**Assignment**
What the task needs is the data below, written out verbatim.

**Input data**
-- ===== src/EventItems.antt =====
-- backend/src/event-items/event-items.service.ts: the list of things that the participants of a
-- community event bring. The message to the gateway is left out: it is the answer of the call with
-- every `isClaimedByMe` false, as `neutralize_list` writes it.
pub mod Claims
mod Tests
use Prim.Native.String.{String}
use event_now.Prelude.{
  ℕ, Bool, true, false, not, ◌&&◌, Option, none, some, List, [], ◌∷◌, ◌==◌, is_id, is_some,
  if◌then◌else◌, map, sort_by,
}
use event_now.Prelude.Outcome.{Outcome, ok, err, throw_if, or_throw, pure, get, ◌>>=◌, ◌>>◌}
use event_now.Prisma.{Prisma}
use event_now.Http.{HttpException, bad_request, not_found, forbidden, conflict, record_not_found}
use event_now.Http
use event_now.Participants.{check_participant}
use event_now.Database.{
  Db, Handler, Event, EventType, EventItem, EventItemList, ItemStatus, ParticipationRequest,
  RequestStatus, events, item_lists, items, find_or_throw, create, update, delete,
}
use event_now.Database

pub record CreateItemDto : Type 0 where
  pub name : String
  pub quantity : Option ℕ
  pub unit : Option String
  pub note : Option String

pub record UpdateItemDto : Type 0 where
  pub name : Option String
  pub quantity : Option ℕ
  pub unit : Option String
  pub note : Option String

-- An item of the answer.
pub record ShownItem : Type 0 where
  pub id : ℕ
  pub item : EventItem
  pub is_claimed_by_me : Bool

pub record ShownList : Type 0 where
  pub id : ℕ
  pub event_id : ℕ
  pub items : List ShownItem

abbrev pub is_claimed : ItemStatus → Bool
is_claimed ItemStatus.claimed = true
is_claimed ItemStatus.unclaimed = false

-- The order of the answer: what nobody brings first, then by name. `localeCompare` depends on the
-- locale of the server and is an argument.
pub comes_after : (String → String → Bool) → EventItem → EventItem → Bool
comes_after locale_after a b =
    if is_claimed a.status
    then (if is_claimed b.status then locale_after a.name b.name else true)
    else (if is_claimed b.status then false else locale_after a.name b.name)

abbrev pub or_else : {A : Type 0} → Option A → A → A
or_else none a = a
or_else (some b) a = b

-- A field of a DTO that is absent leaves the column as it is.
abbrev pub or_keep : {A : Type 0} → Option A → Option A → Option A
or_keep none a = a
or_keep (some b) a = some b

abbrev pub edited : UpdateItemDto → EventItem → EventItem
edited dto i = record i {
  name = or_else dto.name i.name;
  quantity = or_else dto.quantity i.quantity;
  unit = or_keep dto.unit i.unit;
  note = or_keep dto.note i.note;
}

-- The `data` of `claimItem`.
abbrev pub claim : Bool → ℕ → EventItem → EventItem
claim unclaiming user_id i =
    if unclaiming
    then record i { status = ItemStatus.unclaimed; claimed_by_id = none }
    else record i { status = ItemStatus.claimed; claimed_by_id = some user_id }

abbrev pub neutralize_list : ShownList → ShownList
neutralize_list l = record l {
  items = map (λ (i : ShownItem). record i { is_claimed_by_me = false }) l.items;
}

module _ {p : Prisma} where
  pub check_access : ℕ → ℕ → Handler p Event
  unfolding check_participant
  check_access = check_participant Http.not_accepted_participant

  -- The list of an event without its items.
  pub get_or_create_list : ℕ → Handler p ℕ
  get_or_create_list event_id d =
      elim (p.find_first (λ l. l.event_id == event_id) d.event_item_list) [
        | some (id, l) ↦ ok id d
        | none ↦ create item_lists (record { event_id = event_id }) d
      ]

  -- `!item || item.list.eventId !== eventId`.
  pub item_of_event : ℕ → ℕ → Handler p EventItem
  item_of_event event_id item_id = do
    item ← find_or_throw items item_id (not_found Http.item_missing)
    list ← find_or_throw item_lists item.list_id record_not_found
    throw_if (not (list.event_id == event_id)) (not_found Http.item_missing)
    pure item

  module _ (locale_after : String → String → Bool) where
    pub format_list : ℕ → ℕ → ℕ → Db p → ShownList
    unfolding comes_after
    format_list list_id event_id user_id d = record {
      id = list_id;
      event_id = event_id;
      items =
          map
            (λ (e : ℕ × EventItem). record {
              id = e.0;
              item = e.1;
              is_claimed_by_me = is_id e.1.claimed_by_id user_id;
            })
            (sort_by (λ (a b : ℕ × EventItem). comes_after locale_after a.1 b.1)
              (p.find_many (λ i. i.list_id == list_id) d.event_item));
    }

    -- The end of every call: the list as the caller sees it.
    pub show_list : ℕ → ℕ → Handler p ShownList
    unfolding get_or_create_list format_list
    show_list user_id event_id = do
      list_id ← get_or_create_list event_id
      db ← get
      pure (format_list list_id event_id user_id db)

    pub get_list : ℕ → ℕ → Handler p ShownList
    unfolding check_access show_list
    get_list user_id event_id = do _ ← check_access user_id event_id; show_list user_id event_id

    pub add_item : ℕ → ℕ → CreateItemDto → Handler p ShownList
    unfolding check_access show_list
    add_item user_id event_id dto = do
      _ ← check_access user_id event_id
      list_id ← get_or_create_list event_id
      _ ← create items (record {
        list_id = list_id;
        name = dto.name;
        quantity = or_else dto.quantity 1;
        unit = dto.unit;
        note = dto.note;
        status = ItemStatus.unclaimed;
        claimed_by_id = none;
        added_by_id = user_id;
      })
      show_list user_id event_id

    pub update_item : ℕ → ℕ → ℕ → UpdateItemDto → Handler p ShownList
    unfolding check_access item_of_event show_list
    update_item user_id event_id item_id dto = do
      event ← check_access user_id event_id
      item ← item_of_event event_id item_id
      throw_if (not (event.organizer_id == user_id) && not (item.added_by_id == user_id))
          (forbidden Http.not_item_owner)
      throw_if
          (is_claimed item.status
            && not (is_id item.claimed_by_id user_id)
            && not (event.organizer_id == user_id))
          (forbidden Http.item_held_by_other)
      update items item_id (edited dto)
      show_list user_id event_id

    pub delete_item : ℕ → ℕ → ℕ → Handler p ShownList
    unfolding check_access item_of_event show_list
    delete_item user_id event_id item_id = do
      event ← check_access user_id event_id
      item ← item_of_event event_id item_id
      throw_if (not (event.organizer_id == user_id) && not (item.added_by_id == user_id))
          (forbidden Http.not_item_owner)
      delete items item_id
      show_list user_id event_id

    pub claim_item : ℕ → ℕ → ℕ → Handler p ShownList
    unfolding check_access item_of_event show_list
    claim_item user_id event_id item_id = do
      _ ← check_access user_id event_id
      item ← item_of_event event_id item_id
      throw_if (is_claimed item.status && not (is_id item.claimed_by_id user_id))
          (conflict Http.item_claimed_by_other)
      update items item_id
          (claim (is_claimed item.status && is_id item.claimed_by_id user_id) user_id)
      show_list user_id event_id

**Task output**
-- ===== src/EventItems.antt =====
-- backend/src/event-items/event-items.service.ts: the list of things that the participants of a
-- community event bring. The message to the gateway is left out: it is the answer of the call with
-- every `isClaimedByMe` false, as `neutralize_list` writes it.
pub mod Claims
mod Tests
use Prim.Native.String.{String}
use event_now.Prelude.{
  ℕ, Bool, true, false, not, ◌&&◌, Option, none, some, List, [], ◌∷◌, ◌==◌, is_id, is_some,
  if◌then◌else◌, map, sort_by,
}
use event_now.Prelude.Outcome.{Outcome, ok, err, throw_if, or_throw, pure, get, ◌>>=◌, ◌>>◌}
use event_now.Prisma.{Prisma}
use event_now.Http.{HttpException, bad_request, not_found, forbidden, conflict, record_not_found}
use event_now.Http
use event_now.Participants.{check_participant}
use event_now.Database.{
  Db, Handler, Event, EventType, EventItem, EventItemList, ItemStatus, ParticipationRequest,
  RequestStatus, events, item_lists, items, find_or_throw, create, update, delete,
}
use event_now.Database

pub record CreateItemDto : Type 0 where
  pub name : String
  pub quantity : Option ℕ
  pub unit : Option String
  pub note : Option String

pub record UpdateItemDto : Type 0 where
  pub name : Option String
  pub quantity : Option ℕ
  pub unit : Option String
  pub note : Option String

-- An item of the answer.
pub record ShownItem : Type 0 where
  pub id : ℕ
  pub item : EventItem
  pub is_claimed_by_me : Bool

pub record ShownList : Type 0 where
  pub id : ℕ
  pub event_id : ℕ
  pub items : List ShownItem

abbrev pub is_claimed : ItemStatus → Bool
is_claimed ItemStatus.claimed = true
is_claimed ItemStatus.unclaimed = false

-- The order of the answer: what nobody brings first, then by name. `localeCompare` depends on the
-- locale of the server and is an argument.
pub comes_after : (String → String → Bool) → EventItem → EventItem → Bool
comes_after locale_after a b =
    if is_claimed a.status
    then (if is_claimed b.status then locale_after a.name b.name else true)
    else (if is_claimed b.status then false else locale_after a.name b.name)

abbrev pub or_else : {A : Type 0} → Option A → A → A
or_else none a = a
or_else (some b) a = b

-- A field of a DTO that is absent leaves the column as it is.
abbrev pub or_keep : {A : Type 0} → Option A → Option A → Option A
or_keep none a = a
or_keep (some b) a = some b

abbrev pub edited : UpdateItemDto → EventItem → EventItem
edited dto i = record i {
  name = or_else dto.name i.name;
  quantity = or_else dto.quantity i.quantity;
  unit = or_keep dto.unit i.unit;
  note = or_keep dto.note i.note;
}

-- The `data` of `claimItem`.
abbrev pub claim : Bool → ℕ → EventItem → EventItem
claim unclaiming user_id i =
    if unclaiming
    then record i { status = ItemStatus.unclaimed; claimed_by_id = none }
    else record i { status = ItemStatus.claimed; claimed_by_id = some user_id }

abbrev pub neutralize_list : ShownList → ShownList
neutralize_list l = record l {
  items = map (λ (i : ShownItem). record i { is_claimed_by_me = false }) l.items;
}

module _ {p : Prisma} where
  pub check_access : ℕ → ℕ → Handler p Event
  unfolding check_participant
  check_access = check_participant Http.not_accepted_participant

  -- The list of an event without its items.
  pub get_or_create_list : ℕ → Handler p ℕ
  get_or_create_list event_id d =
      elim (p.find_first (λ l. l.event_id == event_id) d.event_item_list) [
        | some (id, l) ↦ ok id d
        | none ↦ create item_lists (record { event_id = event_id }) d
      ]

  -- `!item || item.list.eventId !== eventId`.
  pub item_of_event : ℕ → ℕ → Handler p EventItem
  item_of_event event_id item_id = do
    item ← find_or_throw items item_id (not_found Http.item_missing)
    list ← find_or_throw item_lists item.list_id record_not_found
    throw_if (not (list.event_id == event_id)) (not_found Http.item_missing)
    pure item

  module _ (locale_after : String → String → Bool) where
    pub format_list : ℕ → ℕ → ℕ → Db p → ShownList
    unfolding comes_after
    format_list list_id event_id user_id d = record {
      id = list_id;
      event_id = event_id;
      items =
          map
            (λ (e : ℕ × EventItem). record {
              id = e.0;
              item = e.1;
              is_claimed_by_me = is_id e.1.claimed_by_id user_id;
            })
            (sort_by (λ (a b : ℕ × EventItem). comes_after locale_after a.1 b.1)
              (p.find_many (λ i. i.list_id == list_id) d.event_item));
    }

    -- The end of every call: the list as the caller sees it.
    pub show_list : ℕ → ℕ → Handler p ShownList
    unfolding get_or_create_list format_list
    show_list user_id event_id = do
      list_id ← get_or_create_list event_id
      db ← get
      pure (format_list list_id event_id user_id db)

    pub get_list : ℕ → ℕ → Handler p ShownList
    unfolding check_access show_list
    get_list user_id event_id = do _ ← check_access user_id event_id; show_list user_id event_id

    pub add_item : ℕ → ℕ → CreateItemDto → Handler p ShownList
    unfolding check_access show_list
    add_item user_id event_id dto = do
      _ ← check_access user_id event_id
      list_id ← get_or_create_list event_id
      _ ← create items (record {
        list_id = list_id;
        name = dto.name;
        quantity = or_else dto.quantity 1;
        unit = dto.unit;
        note = dto.note;
        status = ItemStatus.unclaimed;
        claimed_by_id = none;
        added_by_id = user_id;
      })
      show_list user_id event_id

    pub update_item : ℕ → ℕ → ℕ → UpdateItemDto → Handler p ShownList
    unfolding check_access item_of_event show_list
    update_item user_id event_id item_id dto = do
      event ← check_access user_id event_id
      item ← item_of_event event_id item_id
      throw_if (not (event.organizer_id == user_id) && not (item.added_by_id == user_id))
          (forbidden Http.not_item_owner)
      throw_if
          (is_claimed item.status
            && not (is_id item.claimed_by_id user_id)
            && not (event.organizer_id == user_id))
          (forbidden Http.item_held_by_other)
      update items item_id (edited dto)
      show_list user_id event_id

    pub delete_item : ℕ → ℕ → ℕ → Handler p ShownList
    unfolding check_access item_of_event show_list
    delete_item user_id event_id item_id = do
      event ← check_access user_id event_id
      item ← item_of_event event_id item_id
      throw_if (not (event.organizer_id == user_id) && not (item.added_by_id == user_id))
          (forbidden Http.not_item_owner)
      delete items item_id
      show_list user_id event_id

    pub claim_item : ℕ → ℕ → ℕ → Handler p ShownList
    unfolding check_access item_of_event show_list
    claim_item user_id event_id item_id = do
      _ ← check_access user_id event_id
      item ← item_of_event event_id item_id
      throw_if (is_claimed item.status && not (is_id item.claimed_by_id user_id))
          (conflict Http.item_claimed_by_other)
      update items item_id
          (claim (is_claimed item.status && is_id item.claimed_by_id user_id) user_id)
      show_list user_id event_id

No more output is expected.